Erroneous news on a supposed new Matt Holliday offer from the St. Louis Cardinals is amplified all over cyberspace before being pulled.
I opened my mail this morning and checked the Scout.com Cardinals message board to find a number of items asking about the new eight-year offer at $16 million per year supposedly tendered by the Cardinals to Matt Holliday. The source of this information was an MLB.com article posted Tuesday evening.
After dealing with the shock of Cards GM John Mozeliak apparently having lost his cool in bidding against himself after having been so in-control of his dealings with agent Scott Boras for so long, I went to check out the article for myself this morning.
Turns out nothing is said about eight years or any years, for that matter. It says nothing about $128 million. In fact, the short article says nothing new at all, though it does repeat the Tuesday Buster Olney $18 million per year asking price rumor.
I figured I had been given the wrong link, so searched all over MLB.com looking for the smoking gun. There was none.
Broadening my search, I then found several references to the article elsewhere, including this headline from NBC.com, also from last evening, which links back to the same MLB.com post:
UPDATE: Cards reportedly offer Holliday 8-year deal
UPDATE: MLB.com is reporting that the Cardinals have offered Matt Holliday an 8-year contract for about $16 million per season.
The story also speculates that if a mystery team were to enter the Holliday mix it could be the Seattle Mariners.
Wednesday’s apparent re-write of the MLB.com article does not mention Seattle, either.
Here’s my guess at what happened.
Dependable and knowledgeable Cardinals MLB.com beat writer Matthew Leach is out on vacation and “Joe Fill-in Guy” wrote the Holliday article. He cited old information that included a reference to eight years that Joe Strauss mentioned several weeks back. Shortly after, additional information came out that the base proposal may be four or five years with perhaps some options, but nothing more about eight years has been mentioned recently.
Once someone at MLB.com realized the eight years news was older than Thanksgiving’s left-over turkey, it was edited out of the article, as was the writer’s Seattle speculation. By then, this supposed new news was all over cyberspace, as evidenced by the NBC post that summarizes and links to the now-neutered MLB.com article.
Unfortunately, in making their corrections, MLB.com made no reference to the tracks they apparently covered up over night.
What can the reader learn from this?
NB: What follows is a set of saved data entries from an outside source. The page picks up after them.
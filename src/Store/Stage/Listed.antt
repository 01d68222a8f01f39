-- ===== src/Store/Stage/Listed.antt =====
-- The files that stage_files of lib/semindex_index_db/index_db_writer.c stages.
use semindex.Base.{
  ℕ, ◌+◌, Bool, true, false, Option, none, some, List, [], ◌∷◌, Text, or_empty, length, replicate,
  if◌then◌else◌, ◌==◌, ◌≡◌, refl, sym, ap, ◌∙◌, ◌⊎◌, inl, inr,
}
use mathlib.Core.Path.{subst}
use semindex.Repository.{Host}
use semindex.Store.Index.{FileFingerprint, Index}
use semindex.Store.Rows.{StagingFile, Db, Staging}
use semindex.Store.Sql.{upsert}
use semindex.Store.Session.{World, ◌>>=◌, pure, fail, exec_staging}
use semindex.Store.Session.Triple.{
  Triple, Triple-bind, Triple-pure, Triple-if, Triple-gets, Triple-call, Triple-exec_read,
}
use semindex.Store.Session.Leaves.{
  Holds, Anything, Leaves, exec_staging-Leaves, exec_read-Leaves, pure-Leaves, bind-Leaves,
  if-Leaves, as-Leaves,
}
use semindex.Store.Stage.{StoredPaths}
use semindex.Store.Stage.Files.{
  insert_file, insert_files, insert_main, main_row, same_path, replace_main, mark_cached,
  set_cached, give, file_row, replace_file, stage_files,
}
use semindex.Store.Open.{no_staging}

-- Each file of the index that has records, once for a path; the last fingerprint of a path counts.
abbrev pub add_files :
    Host → Option Text → ℕ → List Text → List FileFingerprint → List StagingFile → List StagingFile
add_files h main_file i (path ∷ paths) (f ∷ rest) files =
    let same = add_files h main_file (i + 1) paths rest files in
    let more =
      add_files h main_file (i + 1) paths rest
        (upsert same_path replace_file files (file_row h main_file i path f)) in
    if f.record_count == 0 then same else more
add_files h main_file i _ _ files = files

-- The main file, if there is one, also when it has no records.
abbrev pub add_main : Host → Option Text → Option Text → List StagingFile → List StagingFile
add_main h none path files = files
add_main h (some main_file) path files =
    upsert same_path replace_main files (main_row h (some main_file) (or_empty path))

abbrev pub all_files : Host → Index → StoredPaths → Option Text → Bool → List StagingFile
all_files h s paths main_file include_local =
    add_main h main_file paths.main_file
      (add_files h main_file 0 paths.files (s.fingerprints include_local) [])

abbrev with_files : (List StagingFile → List StagingFile) → Staging → Staging
with_files g st = record st { files = g st.files }

-- The staged files, with no rows.
abbrev pub only_files : List StagingFile → Staging
only_files files = record no_staging { files = files }

insert_file-Leaves :
    (update : StagingFile → StagingFile → StagingFile) (file : StagingFile)
    → Leaves (insert_file update file) (with_files (λ l. upsert same_path update l file))
unfolding insert_file
insert_file-Leaves update file = exec_staging-Leaves _ _

with_files-if :
    (b : Bool) (g k : List StagingFile → List StagingFile) (st : Staging)
    → (if b then with_files g st else with_files k st) ≡ with_files (λ l. if b then g l else k l) st
with_files-if true g k st = refl
with_files-if false g k st = refl

insert_files-Leaves :
    (h : Host) (m : Option Text) (i : ℕ) (paths : List Text) (l : List FileFingerprint) (n : ℕ)
    → Leaves (insert_files h m i paths l n) (with_files (add_files h m i paths l))
unfolding insert_files
insert_files-Leaves h m i [] l n = pure-Leaves n
insert_files-Leaves h m i (p ∷ paths) [] n = pure-Leaves n
insert_files-Leaves h m i (p ∷ paths) (f ∷ rest) n =
    as-Leaves
      (with_files-if (f.record_count == 0) (add_files h m (i + 1) paths rest) (λ files.
        add_files h m (i + 1) paths rest
          (upsert same_path replace_file files (file_row h m i p f))))
      (if-Leaves (f.record_count == 0) _ _ (insert_files-Leaves h m (i + 1) paths rest n) (
        bind-Leaves _ _ (insert_file-Leaves replace_file (file_row h m i p f))
          (λ _. insert_files-Leaves h m (i + 1) paths rest _)))

insert_main-Leaves :
    (h : Host) (main_file path : Option Text)
    → Leaves (insert_main h main_file path) (with_files (add_main h main_file path))
unfolding insert_main
insert_main-Leaves h none path = pure-Leaves tt
insert_main-Leaves h (some m) path = bind-Leaves _ _ exec_read-Leaves (λ _. insert_file-Leaves _ _)

-- How the staged files `files` were made of all files: no file is marked as cached, or those are
-- that some state of the database has as they are now, and the flags tell which.
abbrev pub AreMarked : Text → List StagingFile → List Bool → List StagingFile → List Bool → Type 0
AreMarked variant all clear files flags =
    ((files ≡ all) × (flags ≡ clear))
    ⊎ ((db : Db) × (files ≡ mark_cached db variant all) × (set_cached files clear ≡ some flags))

module _ (h : Host) (s : Index) (paths : StoredPaths) (main_file : Option Text) (variant : Text)
    (include_local : Bool) where
  abbrev all : List StagingFile
  all = all_files h s paths main_file include_local

  abbrev clear : List Bool
  clear = replicate (length (s.fingerprints include_local)) false

  -- What stage_files leaves, and the flags that it returns.
  pub record Filed (flags : List Bool) (w : World) : Type 0 where
    pub only : w.staging ≡ only_files w.staging.files
    pub marked : AreMarked variant all clear w.staging.files flags

  abbrev Marked : World → Type 0
  Marked w = (db : Db) × (w.staging ≡ only_files (mark_cached db variant all))

  mark-Marked :
      Triple
        (Holds (only_files all))
        (exec_staging (λ db st. record st { files = mark_cached db variant st.files }) (λ st. 0))
        (λ _. Marked)
        Anything
  unfolding exec_staging
  mark-Marked =
      Triple-call _ (λ w gs k. tt)
        (λ w gs k.
          (w.db, ap (λ (st : Staging). record st { files = mark_cached w.db variant st.files }) k))

  give-Filed :
      (o : Option (List Bool)) (staged : List StagingFile) (n : ℕ)
      → set_cached staged clear ≡ o
      → Triple {A = List Bool × ℕ}
          (λ w. Marked w × (staged ≡ w.staging.files))
          (give o >>= λ flags. pure (flags, n))
          (λ files. Filed files.0)
          Anything
  unfolding ◌>>=◌ pure fail
  give-Filed none staged n e = record { run = λ w k. tt }
  give-Filed (some flags) staged n e = record {
    run = λ w k.
        let files = ap (λ (st : Staging). st.files) k.0.1 in
        record {
          only = k.0.1 ∙ ap only_files (sym files);
          marked = inr (k.0.0, files, subst (λ l. set_cached l clear ≡ some flags) k.1 e);
        };
  }

  pub stage_files-Filed :
      Triple
        (Holds no_staging)
        (stage_files h s paths main_file variant include_local)
        (λ files. Filed files.0)
        Anything
  unfolding stage_files
  stage_files-Filed = Triple-bind _ _ (exec_read-Leaves.from no_staging) (λ _.
      Triple-bind _ _
        ((insert_files-Leaves h main_file 0 paths.files (s.fingerprints include_local) 0).from
          no_staging)
        (λ candidates.
          Triple-bind _ _ ((insert_main-Leaves h main_file paths.main_file).from _) (λ _.
            Triple-if (candidates == 0) _ _
              (λ _. Triple-pure _ (λ w k.
                let files = ap (λ (st : Staging). st.files) k in
                record { only = k ∙ ap only_files (sym files); marked = inl (files, refl) }))
              (λ _. Triple-bind _ _ mark-Marked (λ _.
                Triple-bind _ _ (Triple-exec_read (λ w gs k. tt) (λ w gs k. k)) (λ _.
                  Triple-bind _ _ (Triple-gets (λ w. w.staging.files))
                    (λ staged. give-Filed _ staged candidates refl)))))))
Be careful.
In case you haven’t noticed, it seems like 99 percent of the news being posted is just a rehash of what someone else said, so take the time to check the source. For example, sites like MLB Trade Rumors and Rotoworld do not break news – they just aggregate and re-report what others said. I am not picking on them, as these kinds of sites have a place for those who don’t follow this stuff closely and want a quick fix. My advice is to keep your wits about you, however.
These two sites almost always link back to the original source, which is crucial. I highly recommend you actually click on the original link to be sure something was not lost in translation, because sometimes that is exactly what occurs.
Tuesday’s Felipe Lopez “news” is a great example. Derrick Goold said directly that he had no new information on the players the Cardinals are pursuing now that Mark DeRosa has signed with San Francisco. Goold mentioned Boras client Lopez among a list of names in whom the Cards had reportedly shown previous interest. He also suggested that given how Boras works, it is likely the agent will focus on getting Holliday placed first.
In other words, the Cardinals interest in Lopez was a repeat of old news and was clearly represented that way. Yet others latched onto it and made it headline fodder as if Mozeliak had called Boras about Lopez yesterday morning in his remorse over losing DeRosa.
The Post-Dispatch also updated their report on DeRosa. After having said the player had received an offer from St. Louis earlier in the off-season, they corrected that in later articles as more information that a firm offer was never tendered apparently became available. Certainly, nothing malicious was intended. It just happens as part of the difficult job of reporting on rumors.
The thirst to be first results in mistakes which are quickly amplified in today’s instant news world. Been there, done that. Lessons learned. You should expect it too and act accordingly.